A traffic matrix was created for testing the performance with 1000 different traffic configurations. To check the performance of the RL, 100,000 random routing configurations were used where all nodes were reachable. The same set of routing configurations was used for all the traffic configurations (Fig. 2).

Fig. 2
A block diagram. The critic network, time delayed error update to critic 1 and 2 to target 1 and 2 to minimum value. The actor-network to policy gradient update to actor to target, a circle with plus denotes Gaussian noise, leading to the S D N agent and then to the replay buffer.

Block diagram of TD3 RL agent

Latency is an important criterion in deciding the QoS as well as congestion. The target is to minimize latency, so negative latency was chosen as the reward function which had to be maximized by the RL agents.
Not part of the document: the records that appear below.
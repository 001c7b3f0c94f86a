-- ===== src/Capacity/Admission.antt =====
-- `check_spec` (src/agentvm/host/capacity.py) against the capacity that it reads, and a host on
-- which VMs are admitted only after it.
use agent_vm.Base.{
  ℕ, suc, true, none, List, [], ◌∷◌, ℤ, pos, ◌+ℤ◌, ◌-ℤ◌, ◌≤ℤ◌, max_ℤ, int_laws, max_ℤ_bounds,
  length, text_eq, ◌≡◌, ◌↔◌, arith, All,
}
use agent_vm.Python.Result.{ok}
use agent_vm.Python.Dict.{values}
use agent_vm.Python.Text.{Text}
use agent_vm.Capacity.{
  Allocation, CapacityManager, HostCapacity, CapacityCheckResult, total, distinct, get_capacity,
  check_spec, shortfalls, check_result, allocate, release,
}
use agent_vm.Capacity.Readings.{Host, read_memory_total_mb, read_disk_capacity_gb}

-- The request fits: a VM more is allowed, and each resource is there.
pub record Fits (c : HostCapacity) (cpu_cores memory_mb disk_gb : ℤ) : Type 0 where
  pub count : pos (suc c.active_vm_count) ≤ℤ c.max_vm_count
  pub cpu : cpu_cores ≤ℤ c.available_cpu
  pub memory : memory_mb ≤ℤ c.available_memory_mb
  pub disk : disk_gb ≤ℤ c.available_disk_gb

Fits-shortfalls :
    (c : HostCapacity) (cpu memory disk : ℤ)
    → shortfalls c cpu memory disk ≡ []
    → Fits c cpu memory disk
unfolding shortfalls
Fits-shortfalls c cpu memory disk h = ground arith

shortfalls-Fits :
    (c : HostCapacity) (cpu memory disk : ℤ)
    → Fits c cpu memory disk
    → shortfalls c cpu memory disk ≡ []
unfolding shortfalls
shortfalls-Fits c cpu memory disk h = ground arith

check_result_lem :
    (c : HostCapacity) (names : List Text)
    → (((check_result c names).sufficient ≡ true) ↔ (names ≡ []))
      × (((check_result c names).shortfall ≡ none) ↔ (names ≡ []))
check_result_lem c [] = ground arith
check_result_lem c (name ∷ names) = ground arith

-- Where `get_capacity` returns a capacity, `check_spec` answers; the answer is sufficient exactly
-- where the request fits that capacity, the VM count included, and it has no shortfall exactly where
-- the request fits.
pub check_spec-Fits :
    (host : Host) (m : CapacityManager) (cpu memory disk : ℤ) (c : HostCapacity)
    → get_capacity host m ≡ ok c
    → (r : CapacityCheckResult) × (check_spec host m cpu memory disk ≡ ok r)
      × ((r.sufficient ≡ true) ↔ Fits c cpu memory disk)
      × ((r.shortfall ≡ none) ↔ Fits c cpu memory disk)
unfolding check_spec
check_spec-Fits host m cpu memory disk c h =
    let names = shortfalls c cpu memory disk in
    let (sufficient, shortfall) = check_result_lem c names in
    (
      check_result c names,
      rw h,
      (
        λ yes_. Fits-shortfalls c cpu memory disk (sufficient.0 yes_),
        λ fits. sufficient.1 (shortfalls-Fits c cpu memory disk fits),
      ),
      (
        λ nothing. Fits-shortfalls c cpu memory disk (shortfall.0 nothing),
        λ fits. shortfall.1 (shortfalls-Fits c cpu memory disk fits),
      ),
    )

-- What is asked for leaves room: the sum stays within the limit.
pub within_limit :
    (limit s x : ℤ)
    → pos 0 ≤ℤ x
    → x ≤ℤ max_ℤ (limit -ℤ s) (pos 0)
    → s ≤ℤ max_ℤ limit (pos 0)
    → x +ℤ s ≤ℤ max_ℤ limit (pos 0)
within_limit limit s x h k w =
    omega (int_laws, max_ℤ_bounds (limit -ℤ s) (pos 0), max_ℤ_bounds limit (pos 0))

abbrev pub IsNonneg : Allocation → Type 0
IsNonneg a = (pos 0 ≤ℤ a.cpu_cores) × (pos 0 ≤ℤ a.memory_mb) × (pos 0 ≤ℤ a.disk_gb)

-- What the host and the configuration leave for VMs.
pub record Limits : Type 0 where
  pub cpu : ℤ
  pub memory : ℤ
  pub disk : ℤ

abbrev pub limits : Host → ℕ → CapacityManager → Limits
limits host cpus m = record {
  cpu = pos cpus -ℤ pos (length (distinct m.reserved_cores));
  memory = read_memory_total_mb host -ℤ m.reserved_memory_mb;
  disk = pos (read_disk_capacity_gb host).1;
}

-- No resource is promised beyond what the host has, less the reservations, and no VM beyond the count.
pub record IsWithin (host : Host) (cpus : ℕ) (m : CapacityManager) : Type 0 where
  pub nonneg : All IsNonneg (values m.allocations)
  pub cpu :
      total (λ a. a.cpu_cores) (values m.allocations) ≤ℤ max_ℤ (limits host cpus m).cpu (pos 0)
  pub memory :
      total (λ a. a.memory_mb) (values m.allocations) ≤ℤ max_ℤ (limits host cpus m).memory (pos 0)
  pub disk :
      total (λ a. a.disk_gb) (values m.allocations) ≤ℤ max_ℤ (limits host cpus m).disk (pos 0)
  pub count : pos (length m.allocations) ≤ℤ max_ℤ m.max_vms (pos 0)

-- One VM is admitted after `check_spec` found it sufficient, or one is released.
pub data Step (host : Host) : CapacityManager → CapacityManager → Type 0 where
  admit :
      {m m' : CapacityManager} (id : Text) (a : Allocation) (r : CapacityCheckResult)
      → IsNonneg a
      → check_spec host m a.cpu_cores a.memory_mb a.disk_gb ≡ ok r
      → r.sufficient ≡ true
      → allocate id a m ≡ ok m'
      → Step host m m'
  free : {m m' : CapacityManager} (id : Text) → m' ≡ release id m → Step host m m'

pub data Reach (host : Host) (m : CapacityManager) : CapacityManager → Type 0 where
  here : Reach host m m
  next : {m' m'' : CapacityManager} → Reach host m m' → Step host m' m'' → Reach host m m''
The performance results obtained for the models used are shown in Figs. 3 and 4. Figure 3 compares the latency in the network as the training progresses. It can be seen that beyond 50 epochs, the latency is higher in the case of DDPG compared to TD3. The trend is consistent as the training progresses. This demonstrates the effectiveness of the TD3 algorithm in learning the SDN routing with minimal delay as compared to DDPG algorithm.

Fig. 3
A fluctuating line graph of average latency per epoch 1000 episodes for D D P G and T D 3. D D P G exhibits the highest peak at (12, 3.7), with its line consistently higher than the T D 3 line, which has its highest peak at (10, 3.3). All values are approximated.
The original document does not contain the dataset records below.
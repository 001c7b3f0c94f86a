-- ===== src/Python/Failing.antt =====
-- What a result can raise.
pub mod Number
use agent_vm.Base.{Bool, true, false, sym, if◌then◌else◌, ◌≡◌, refl}
use agent_vm.Python.Result.{Error, Result, ok, raise, raise-injective, ◌>>=◌}

-- Every exception of a result passes the test.
pub data Raises {A : Type 0} (test : Error → Bool) : Result A → Type 0 where
  returns : {value : A} → Raises test (ok value)
  raises : {error : Error} → test error ≡ true → Raises test (raise error)

module _ {test : Error → Bool} {A B : Type 0} where
  pub Raises->>= :
      {r : Result A} {next : A → Result B}
      → Raises test r
      → ((v : A) → Raises test (next v))
      → Raises test (r >>= next)
  Raises->>= {r} {next} (returns {value}) h = h value
  Raises->>= (raises passed) h = raises passed

pub weaken :
    {A : Type 0} {r : Result A} {weak strong : Error → Bool}
    → ((error : Error) → strong error ≡ true → weak error ≡ true)
    → Raises strong r
    → Raises weak r
weaken h returns = returns
weaken h (raises {error} passed) = raises (h error passed)

pub Raises-if :
    {test : Error → Bool} {A : Type 0} (b : Bool) {r s : Result A}
    → Raises test r
    → Raises test s
    → Raises test (if b then r else s)
Raises-if true hr hs = hr
Raises-if false hr hs = hs

pub raised :
    {test : Error → Bool} {A : Type 0} {r : Result A} {error : Error}
    → Raises test r
    → r ≡ raise error
    → test error ≡ true
raised returns h = absurd cc
raised (raises passed) h = let same = raise-injective refl h in rw (sym same) passed
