-- ===== src/Python/Value.antt =====
-- Values of any type, as far as the sources look at them. A list or a dict inside a record is only
-- stored and printed, so it is represented by its `str`; so is a float, with what `int` makes of it.
use agent_vm.Base.{ℕ, String, Bool, true, false, ◌||◌, List, [], ◌∷◌, ℤ, if◌then◌else◌, pos}
use agent_vm.Python.Result.{Result, ok, raise, value_error, type_error, overflow_error}
use agent_vm.Python.Dict.{Dict, values}
use agent_vm.Python.Text.{Text, codes, parse_int, int_text}

pub data Float : Type 0 where
  finite : Text → ℤ → Float
  nan infinity minus_infinity : Float

pub data Value : Type 0 where
  null : Value
  bool : Bool → Value
  int : ℤ → Value
  float : Float → Value
  str : Text → Value
  -- its `str`, and its bytes
  bytes : Text → List ℕ → Value
  -- a list or a dict of JSON values, by its `str`
  nested : Text → Value

-- `dict[str, Any]`
abbrev pub Object : Type 0
Object = Dict String Value

unfoldable pub float_text : Float → Text
float_text (finite t n) = t
float_text nan = codes "nan"
float_text infinity = codes "inf"
float_text minus_infinity = codes "-inf"

-- `str(value)`
unfoldable pub to_str : Value → Text
unfolding float_text int_text
to_str null = codes "None"
to_str (bool b) = if b then codes "True" else codes "False"
to_str (int z) = int_text z
to_str (float f) = float_text f
to_str (str t) = t
to_str (bytes t _) = t
to_str (nested t) = t

-- `int(x)` for a float
unfoldable pub truncate : Float → Result ℤ
truncate (finite _ n) = ok n
truncate nan = raise value_error
truncate _ = raise overflow_error

-- `int(value)`
unfoldable pub int_of : Value → Result ℤ
int_of (bool b) = ok (if b then pos 1 else pos 0)
int_of (int z) = ok z
int_of (float f) = truncate f
int_of (str t) = parse_int t
int_of (bytes _ content) = parse_int content
int_of _ = raise type_error

-- What `json.loads` makes of a stored text.
pub data Json : Type 0 where
  object : Object → Json
  not_object : Json
  malformed : Json

unfoldable pub is_bytes : Value → Bool
is_bytes (bytes _ _) = true
is_bytes _ = false

unfoldable pub has_bytes : List Value → Bool
unfolding is_bytes
has_bytes [] = false
has_bytes (v ∷ vs) = is_bytes v || has_bytes vs

-- `json.dumps(d)`: bytes are not serialisable. The text is represented by what `loads` reads from it.
unfoldable pub dumps : Object → Result Json
unfolding has_bytes
dumps d = if has_bytes (values d) then raise type_error else ok (object d)
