-- ===== src/Python/Failing/Number.antt =====
-- What `int` can raise.
use agent_vm.Base.{nat_beq, ℕ, Bool, true, false, Option, none, some, [], ◌∷◌, ℤ, pos, refl}
use agent_vm.Python.Result.{Error, value_error, type_error, overflow_error}
use agent_vm.Python.Failing.{Raises, returns, raises, Raises-if}
use agent_vm.Python.Text.{Text, parse_int, parse_signed, strip, literal, neg}
use agent_vm.Python.Value.{
  Value, Float, null, bool, int, float, str, bytes, nested, finite, nan, infinity, minus_infinity,
  int_of, truncate,
}

abbrev pub is_int_error : Error → Bool
is_int_error value_error = true
is_int_error type_error = true
is_int_error overflow_error = true
is_int_error _ = false

literal-Raises : (sign : ℕ → ℤ) (o : Option ℕ) → Raises is_int_error (literal sign o)
literal-Raises sign none = raises refl
literal-Raises sign (some n) = returns

parse_signed-Raises : (s : Text) → Raises is_int_error (parse_signed s)
unfolding parse_signed
parse_signed-Raises [] = raises refl
parse_signed-Raises (c ∷ s) =
    Raises-if (nat_beq c 45) (literal-Raises neg _)
      (Raises-if (nat_beq c 43) (literal-Raises pos _) (literal-Raises pos _))

pub parse_int-Raises : (t : Text) → Raises is_int_error (parse_int t)
unfolding parse_int
parse_int-Raises t = parse_signed-Raises (strip t)

pub truncate-Raises : (f : Float) → Raises is_int_error (truncate f)
unfolding truncate
truncate-Raises (finite t n) = returns
truncate-Raises nan = raises refl
truncate-Raises infinity = raises refl
truncate-Raises minus_infinity = raises refl

pub int_of-Raises : (v : Value) → Raises is_int_error (int_of v)
unfolding int_of
int_of-Raises null = raises refl
int_of-Raises (bool b) = returns
int_of-Raises (int z) = returns
int_of-Raises (float f) = truncate-Raises f
int_of-Raises (str t) = parse_int-Raises t
int_of-Raises (bytes t content) = parse_int-Raises content
int_of-Raises (nested t) = raises refl
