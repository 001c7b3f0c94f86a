-- ===== src/Capacity/Reconcile.antt =====
-- `reconcile_allocations`, `_fetch_active_vms` and `_to_int` of src/agentvm/host/capacity.py.
use agent_vm.Base.{
  Bool, true, false, ◌||◌, Option, none, some, List, [], ◌∷◌, ℤ, String, ◌==◌, text_eq, string_eq,
  if◌then◌else◌,
}
use agent_vm.Python.Result.{Error, Result, ok, raise, ◌>>=◌, key_error, value_error, type_error}
use agent_vm.Python.Dict.{Dict, lookup, get_or, insert}
use agent_vm.Python.Lines.{is_empty}
use agent_vm.Python.Text.{Text, codes, lower, parse_int}
use agent_vm.Python.Value.{Value, int, float, str, bytes, Object, to_str, truncate}
use agent_vm.Capacity.{Allocation, CapacityManager}

-- `_to_int`
unfoldable pub to_int : Value → Result ℤ
to_int (int z) = ok z
to_int (float f) = truncate f
to_int (str t) = parse_int t
to_int (bytes _ content) = parse_int content
to_int _ = raise type_error

-- One element of the list that a store returns.
pub data Item : Type 0 where
  dict : Object → Item
  not_dict : Item

-- What a store's query returns, once awaited where it is awaitable.
pub data Answer : Type 0 where
  rows : List Item → Answer
  not_list : Answer
  awaiting_raised : Error → Answer

-- A metadata store, seen by `hasattr`: the call of `get_active_vms`, if it has one, and the call of
-- `list_vms`, if it has one, with `status="running"` or with no argument.
pub record MetadataQueries : Type 0 where
  pub get_active_vms : Option (Result Answer)
  pub list_vms : Option (Option Text → Result Answer)

-- `try: list_vms(status="running")`, `except TypeError: list_vms()`
abbrev pub list_running : (Option Text → Result Answer) → Result Answer → Result Answer
list_running list_vms (raise type_error) = list_vms none
list_running list_vms answer = answer

unfoldable pub ask : MetadataQueries → Result Answer
ask store = elim store.get_active_vms [
  | some answer ↦ answer
  | none ↦ elim store.list_vms [
    | some list_vms ↦ list_running list_vms (list_vms (some (codes "running")))
    | none ↦ raise type_error
  ]
]

unfoldable pub is_active_item : Object → Bool
is_active_item vm =
    let status = lower (to_str (get_or "status" (str (codes "running")) vm)) in
    (status == codes "running") || (status == codes "creating")

-- the loop of `_fetch_active_vms`
unfoldable pub active_items : List Item → List Object
active_items [] = []
active_items (not_dict ∷ items) = active_items items
active_items (dict vm ∷ items) =
    if is_active_item vm then vm ∷ active_items items else active_items items

abbrev pub settle : Answer → Result (List Object)
settle (rows items) = ok (active_items items)
settle not_list = raise type_error
settle (awaiting_raised error) = raise error

-- `_fetch_active_vms`
unfoldable pub fetch_active_vms : MetadataQueries → Result (List Object)
fetch_active_vms store = do answer ← ask store; settle answer

-- `str(vm.get("id", vm.get("vm_id", "")))`
unfoldable pub vm_id_of : Object → Text
vm_id_of vm = to_str (get_or "id" (get_or "vm_id" (str []) vm) vm)

-- `_to_int(vm[name])`
unfoldable pub number : String → Object → Result ℤ
number name vm = elim (lookup name vm) [ none ↦ raise key_error | some value ↦ to_int value ]

unfoldable pub allocation_of : Object → Result Allocation
allocation_of vm = do
  cpu_cores ← number "cpu_cores" vm
  memory_mb ← number "memory_mb" vm
  disk_gb ← number "disk_gb" vm
  ok (record { cpu_cores = cpu_cores; memory_mb = memory_mb; disk_gb = disk_gb })

-- `except (KeyError, TypeError, ValueError)`
abbrev pub is_caught : Error → Bool
is_caught key_error = true
is_caught type_error = true
is_caught value_error = true
is_caught _ = false

-- The `try` statement for one record with a non-empty id.
abbrev pub record_allocation :
    Text → Result Allocation → Dict Text Allocation → Result (Dict Text Allocation)
record_allocation vm_id (ok a) rebuilt = ok (insert vm_id a rebuilt)
record_allocation vm_id (raise error) rebuilt = if is_caught error then ok rebuilt else raise error

-- one round of the loop
unfoldable pub add_vm : Object → Dict Text Allocation → Result (Dict Text Allocation)
add_vm vm rebuilt =
    if is_empty (vm_id_of vm)
    then ok rebuilt
    else record_allocation (vm_id_of vm) (allocation_of vm) rebuilt

-- the loop of `reconcile_allocations`
unfoldable pub rebuild : List Object → Dict Text Allocation → Result (Dict Text Allocation)
rebuild [] rebuilt = ok rebuilt
rebuild (vm ∷ vms) rebuilt = do rebuilt' ← add_vm vm rebuilt; rebuild vms rebuilt'

-- The manager is replaced only where the whole loop ends.
unfoldable pub reconcile_allocations : MetadataQueries → CapacityManager → Result CapacityManager
reconcile_allocations store m = do
  vms ← fetch_active_vms store
  rebuilt ← rebuild vms []
  ok (record m { allocations = rebuilt })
Comparison of training of DDPG and TD3 RL agents

Fig. 4
A fluctuating line graph of the average running latency over 1000 episodes versus episodes for D D P G and T D 3. D D P G exhibits its line consistently higher than the T D 3 line.

Runtime performance comparison of DDPG and TD3 RL agents

Figure 4 shows the runtime performance of the agents after the training is completed. Again, it can be seen that the performance of TD3 is better as compared to DDPG.

5 Conclusion and Future Directions

As demonstrated through the simulation results, TD3 is more effective and efficient in learning the SDN routing in 5G network as compared to DDPG and reduces the overhead of a routing protocol in the network. It is therefore preferable to use an RL agent based on TD3 for SDN routing in 5G networks.

This study has focused on static network topologies, where learning takes place in a fixed network environment. In case of any changes in the topology, the training may need to be repeated. A subject for future study is to explore transfer learning for using the current models even in case of any changes in the network topology.